只是他见了此种情形也不知如何是好,当下众人便七言八语,有的说请端公送祟的,有的说请巫婆跳神的,有的又荐玉皇阁的张真人,种种喧腾不一。也曾百般医治祈祷,问卜求神,总无效验。正急得他不知如何是好的时候,便又一大堆人上门,也有送符水的,也有荐僧道的,总不见效。

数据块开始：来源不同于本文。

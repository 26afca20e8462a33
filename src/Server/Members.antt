-- ===== src/Server/Members.antt =====
-- The identifier that src/server/etcd_server.cpp gives a new member.
use my_etcd.Base.{
  ℕ, zero, suc, ◌+◌, ◌≡◌, ◌<◌, ◌≤◌, refl, ap, sym, ◌∙◌, arith, true, false, ◌||◌, [], ◌∷◌, some,
  leb, ◌==◌, if◌then◌else◌, length, nat_key, ==_iff, Bool-cases, inl, inr, is_some, subst,
}
use my_etcd.OrdMap.{lookup, has_key}
use my_etcd.Raft.Node.{IdSet}
use my_etcd.Server.Requests.{free_id}

-- How many keys are at least `id`.
unfoldable count_from : ℕ → IdSet → ℕ
count_from id [] = 0
count_from id ((j, u) ∷ m) = let rest = count_from id m in if leb id j then suc rest else rest

count_from-length : (id : ℕ) (m : IdSet) → count_from id m ≤ length m
unfolding count_from
count_from-length id [] = omega arith
count_from-length id ((j, u) ∷ m) = ground (arith, count_from-length id m)

count_from-later : (id : ℕ) (m : IdSet) → count_from (id + 1) m ≤ count_from id m
unfolding count_from
count_from-later id [] = omega arith
count_from-later id ((j, u) ∷ m) = ground (arith, count_from-later id m)

-- A key at `id` is no longer counted from `id + 1` on.
count_from-key :
    (id : ℕ) (m : IdSet) → has_key id m ≡ true → count_from (id + 1) m < count_from id m
unfolding count_from lookup
count_from-key id [] h = absurd cc
count_from-key id ((j, u) ∷ m) h = elim (Bool-cases (j == id)) [
  | inl same ↦ ground (arith, count_from-later id m, same)
  | inr differ ↦
      let there : has_key id m ≡ true =
        sym (ap (λ o. is_some o) (ap (λ b. if b then some u else lookup id m) differ)) ∙ h in
      ground (arith, count_from-key id m there, differ)
]

-- Whether the loop still may meet the node's own identifier.
own : ℕ → ℕ → ℕ
own id self = if leb id self then 1 else 0

own_later : (id self : ℕ) → own (id + 1) self ≤ own id self
unfolding own
own_later id self = ground arith

own_id : (id self : ℕ) → (id == self) ≡ true → own (id + 1) self < own id self
unfolding own
own_id id self same = ground (arith, same)

free_id-fresh :
    (fuel id self : ℕ) (peers : IdSet)
    → count_from id peers + own id self < fuel
    → (has_key (free_id fuel id self peers) peers ≡ false)
      × ((free_id fuel id self peers == self) ≡ false)
unfolding free_id own
free_id-fresh zero id self peers h = absurd (omega arith)
free_id-fresh (suc fuel) id self peers h = elim (Bool-cases (has_key id peers)) [
  | inl taken ↦ rw taken (
      free_id-fresh fuel (id + 1) self peers
        (ground (arith, own_later id self, count_from-key id peers taken)))
  | inr free ↦ elim (Bool-cases (id == self)) [
    | inl mine ↦
        rw (free, mine)
          (free_id-fresh fuel (id + 1) self peers
            (ground (arith, count_from-later id peers, own_id id self mine)))
    | inr other ↦ rw (free, other) (free, other)
  ]
]

-- No identifier from `id` up to `found` is free.
abbrev AllTaken : ℕ → ℕ → ℕ → IdSet → Type 0
AllTaken id found self peers =
    (id ≤ found) × ((i : ℕ) → id ≤ i → i < found → (has_key i peers || i == self) ≡ true)

AllTaken-earlier :
    (id found self : ℕ) (peers : IdSet)
    → (has_key id peers || id == self) ≡ true
    → AllTaken (id + 1) found self peers
    → AllTaken id found self peers
AllTaken-earlier id found self peers taken later = (
  omega (arith, later.0),
  λ i h k. elim (Bool-cases (id == i)) [
    | inl same ↦ subst (λ j. (has_key j peers || j == self) ≡ true) ((==_iff id i).0 same) taken
    | inr differ ↦ later.1 i (ground arith) k
  ],
)

free_id-least :
    (fuel id self : ℕ) (peers : IdSet) → AllTaken id (free_id fuel id self peers) self peers
unfolding free_id
free_id-least zero id self peers = (omega arith, λ i h k. absurd (omega arith))
free_id-least (suc fuel) id self peers = elim (Bool-cases (has_key id peers)) [
  | inl taken ↦
      rw taken
        (AllTaken-earlier id _ self peers (rw taken refl) (free_id-least fuel (id + 1) self peers))
  | inr free ↦ elim (Bool-cases (id == self)) [
    | inl mine ↦
        rw (free, mine)
          (AllTaken-earlier id _ self peers (rw (free, mine) refl)
            (free_id-least fuel (id + 1) self peers))
    | inr other ↦ rw (free, other) (omega arith, λ i h k. absurd (omega arith))
  ]
]

own_once : (self : ℕ) → own 1 self ≤ 1
unfolding own
own_once self = ground arith

-- The search for a new member's identifier ends, with two more steps than there are peers, at one that is
-- positive, no peer's and not the node's own; and every smaller positive one is a peer's or the node's own.
pub free_id_lem :
    (self : ℕ) (peers : IdSet)
    → (has_key (free_id (length peers + 2) 1 self peers) peers ≡ false)
      × (((free_id (length peers + 2) 1 self peers == self) ≡ false)
          × ((1 ≤ free_id (length peers + 2) 1 self peers)
              × ((i : ℕ)
                  → 1 ≤ i
                  → i < free_id (length peers + 2) 1 self peers
                  → (has_key i peers || i == self) ≡ true)))
free_id_lem self peers =
    let fresh =
      free_id-fresh (length peers + 2) 1 self peers
        (omega (arith, count_from-length 1 peers, own_once self)) in
    (fresh.0, (fresh.1, free_id-least (length peers + 2) 1 self peers))
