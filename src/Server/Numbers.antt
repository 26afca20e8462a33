-- ===== src/Server/Numbers.antt =====
-- The numbers in the server's answers.
use my_etcd.Base.{
  ℕ, zero, suc, ◌+◌, ◌-◌, ◌*◌, ◌/◌, ◌%◌, ◌^◌, ◌≡◌, ◌<◌, refl, ap, ◌∙◌, arith, [], ◌∷◌, ◌++◌, ltb,
  Bytes, Bool-cases, inl, inr,
}
use my_etcd.Server.Json.{digits, decimal}

-- The number that decimal digits stand for, behind those of another.
unfoldable pub decimal_value : ℕ → Bytes → ℕ
decimal_value v [] = v
decimal_value v (c ∷ s) = decimal_value (v * 10 + (c - b'0')) s

decimal_value-append :
    (v : ℕ) (s t : Bytes) → decimal_value v (s ++ t) ≡ decimal_value (decimal_value v s) t
unfolding decimal_value
decimal_value-append v [] t = refl
decimal_value-append v (c ∷ s) t = decimal_value-append (v * 10 + (c - b'0')) s t

decimal_value-digit : (v d : ℕ) → decimal_value v ((b'0' + d) ∷ []) ≡ v * 10 + d
unfolding decimal_value
decimal_value-digit v d = omega arith

decimal_value-digits : (fuel n : ℕ) → n < 10 ^ fuel → decimal_value 0 (digits fuel n) ≡ n
unfolding digits decimal_value
decimal_value-digits zero n h = omega arith
decimal_value-digits (suc fuel) n h = elim (Bool-cases (ltb n 10)) [
  | inl small ↦ rw small (decimal_value-digit 0 n ∙ omega arith)
  | inr large ↦
      let power : 10 ^ suc fuel ≡ 10 * 10 ^ fuel = omega arith in
      let front : decimal_value 0 (digits fuel (n / 10)) ≡ n / 10 =
        decimal_value-digits fuel (n / 10) (omega (arith, power, h)) in
      rw large (
        decimal_value-append 0 (digits fuel (n / 10)) ((b'0' + n % 10) ∷ [])
        ∙ ap (λ v. decimal_value v ((b'0' + n % 10) ∷ [])) front
        ∙ decimal_value-digit (n / 10) (n % 10)
        ∙ omega arith)
]

-- The digits that are written for a number of 64 bits stand for that number: the fuel is enough.
pub decimal_value-decimal : (n : ℕ) → n < 2 ^ 64 → decimal_value 0 (decimal n) ≡ n
decimal_value-decimal n h = decimal_value-digits 20 n (omega (arith, h))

她母女二人愈发糊涂,不省人事,睡在床上,浑身火炭一般,口内无般不说。
林如海急得像那热锅上的蚂蚁一般,晚间的时候忠勇亲王才得到消息,自然是请了皇家里德高望重的高僧来连夜与她们两个看看。
高僧许是真的有那么两把刷子,竟断出是巫蛊厌胜之术,只是他却需要找出那源头才能破解。
不过他法力微弱,只能算出大概的方位,他便让忠勇亲王带他去那个方位具体感应,只是找了一宿,他也没有具体的消息。
第二日一大早,士隐也来了,还带来了僧道与他的药丸。
林如海一夜未眠,自是十分憔悴,士隐见了亦是宽慰了他几句。又拿出药丸,叫与她们两个服下。
找到那源头只怕还是遥遥无期,只是那母女两个昨天到现在,粒米未进,滴水未沾,眼见着情形有些不好,如海便一咬牙,做主要喂与她们两个吃。
只是二人牙关紧闭,竟喂不进那药丸,如海急得团团转,还是士隐说,将那两丸药用水化开了,再灌进去。